For things like shipping addresses, some types of errors can be assisted with
by something that checks plausibility: does that address make sense and do we
know that it exists as a shipping address? If not, confirm with the user that
it’s actually what they meant.

Email address errors are often the same: basic validation can catch the most
common types of errors. [http://www.mailgun.com/email-
validation](http://www.mailgun.com/email-validation) is an example of an API
to do just that. I think an ideal system would do something like send the
confirmation email and listen for a bounce message, showing a message to the
user as soon as such a bounce message pops up.
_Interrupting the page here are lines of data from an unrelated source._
-- ===== src/Elimination.antt =====
-- include/cuda_edge_elimination/elimination.hpp and src/cpu/jv_elimination.cpp: results of an
-- elimination, their container checks, and the two drivers that are built from them.
-- Wall-clock times, cache flags and device numbers are observations that no decision reads; they are
-- not kept.
pub mod Run
pub mod Survive
pub mod Replay
use Prim.Native.String.{String}
use cuda_edge_elimination.Base.{
  ℕ, ◌+◌, ◌-◌, ◌^◌, List, [], ◌∷◌, ◌++◌, Bool, true, false, not, ◌&&◌, ◌||◌, ltb, leb, ◌==◌,
  if◌then◌else◌, get_or, get_elem?, set, length, replicate, Option, none, some,
}
use cuda_edge_elimination.Base.Int.{ℤ, pos, negsuc, eqb_ℤ}
use cuda_edge_elimination.Base.Outcome.{Outcome, ok, err, Error, throw_if, ◌>>=◌, ◌>>◌}
use cuda_edge_elimination.Types.{ProofRecord}
use cuda_edge_elimination.Graph.{GraphSnapshot}
use cuda_edge_elimination.Jv.{is_jv}

pub data Backend : Type 0 where
  auto cpu cuda : Backend

pub record EpochMetrics : Type 0 where
  pub epoch : ℕ
  pub edges_before : ℕ
  pub proposed : ℕ
  pub verified : ℕ
  pub rejected : ℕ
  pub committed : ℕ

pub record EliminationResult (HtProof : Type 0) : Type 0 where
  pub backend : String
  pub initial_hash : ℕ
  pub final_hash : ℕ
  pub proof : List ProofRecord
  pub ht_proofs : List HtProof
  pub epochs : List EpochMetrics

-- kNoEliminationCertificate
abbrev pub no_certificate : ℕ
no_certificate = 2 ^ 32 - 1

abbrev pub max_elimination_records : ℕ
max_elimination_records = 1000000

abbrev pub max_epoch_metrics : ℕ
max_epoch_metrics = 1000000

abbrev pub max_embedded_ht_proofs : ℕ
max_embedded_ht_proofs = 1000000

-- The Hamilton-Tutte certificates as this component sees them: the fields that bind one to a record,
-- and their verifier (src/cpu/hamilton_tutte_recursive.cpp), of whose answers nothing is assumed.
pub record HtVerifier : Type 1 where
  pub HtProof : Type 0
  pub proven : HtProof → Bool
  pub snapshot_hash : HtProof → ℕ
  pub target_u : HtProof → ℤ
  pub target_v : HtProof → ℤ
  pub verify : GraphSnapshot → HtProof → Outcome Bool
  -- The bytes of the serialized certificate.
  pub serialize : HtProof → Outcome (List ℕ)

module _ (H : HtVerifier) where
  open H use {HtProof, proven, snapshot_hash, target_u, target_v}

  -- `!proof.proven || …`: whether a certificate is bound to the record.
  bound_to : ProofRecord → HtProof → Bool
  bound_to record' proof =
      proven proof
      && (snapshot_hash proof == record'.snapshot_hash
          && (eqb_ℤ (target_u proof) record'.u && eqb_ℤ (target_v proof) record'.v))

  -- The loop of ValidateProofContainer for one record; `referenced` holds the flags.
  validate_record : List HtProof → List Bool → ProofRecord → Outcome (List Bool)
  unfolding bound_to
  validate_record proofs referenced r =
      if is_jv r.method
      then (throw_if (not (r.certificate_index == no_certificate)) Error.runtime_error >>= λ _.
          ok referenced)
      else elim (get_elem? proofs r.certificate_index) [
        | none ↦ err Error.runtime_error
        | some proof ↦ do
          throw_if (not (eqb_ℤ r.witness (negsuc 0)) || get_or referenced r.certificate_index false)
              Error.runtime_error
          throw_if (not (bound_to r proof)) Error.runtime_error
          ok (set referenced r.certificate_index true)
      ]

  validate_records : List HtProof → List Bool → List ProofRecord → Outcome (List Bool)
  unfolding validate_record
  validate_records proofs referenced [] = ok referenced
  validate_records proofs referenced (r ∷ rs) = do
    referenced' ← validate_record proofs referenced r
    validate_records proofs referenced' rs

  all_referenced : List Bool → Bool
  all_referenced [] = true
  all_referenced (b ∷ bs) = b && all_referenced bs

  unfoldable pub validate_proof_container : EliminationResult HtProof → Outcome (Unit {0})
  unfolding validate_records all_referenced
  validate_proof_container result = do
    throw_if
        ((ltb max_elimination_records (length result.proof)
            || ltb max_epoch_metrics (length result.epochs))
          || ltb max_embedded_ht_proofs (length result.ht_proofs))
        Error.runtime_error
    referenced ←
        validate_records result.ht_proofs (replicate (length result.ht_proofs) false) result.proof
    throw_if (not (all_referenced referenced)) Error.runtime_error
Also, showing the email address
on the confirmation page for the user, with the ability to change the address
there and try again.

------
po
My thought was that this stems from the idea that while the clipboard may be a
legitimate and secure way to transfer across programs from a password manager
to the password field, it is also an OS-wide shared space. After you tab away
to the next app, it will have access to that password that remains in the
clipboard. Browsers couldn't clear it (and apps aren't supposed to touch the
user's clipboard anyway) so they discouraged it.

You could also alt-tab over to your IRC client (IRC because this was state of
the art probably about when this practice started) and forget what is in your
clipboard and paste+enter quickly.

I don't think this is a _good_ reason to do it, but that was why I thought it
was done. I have no idea if that's the real reason it got started though.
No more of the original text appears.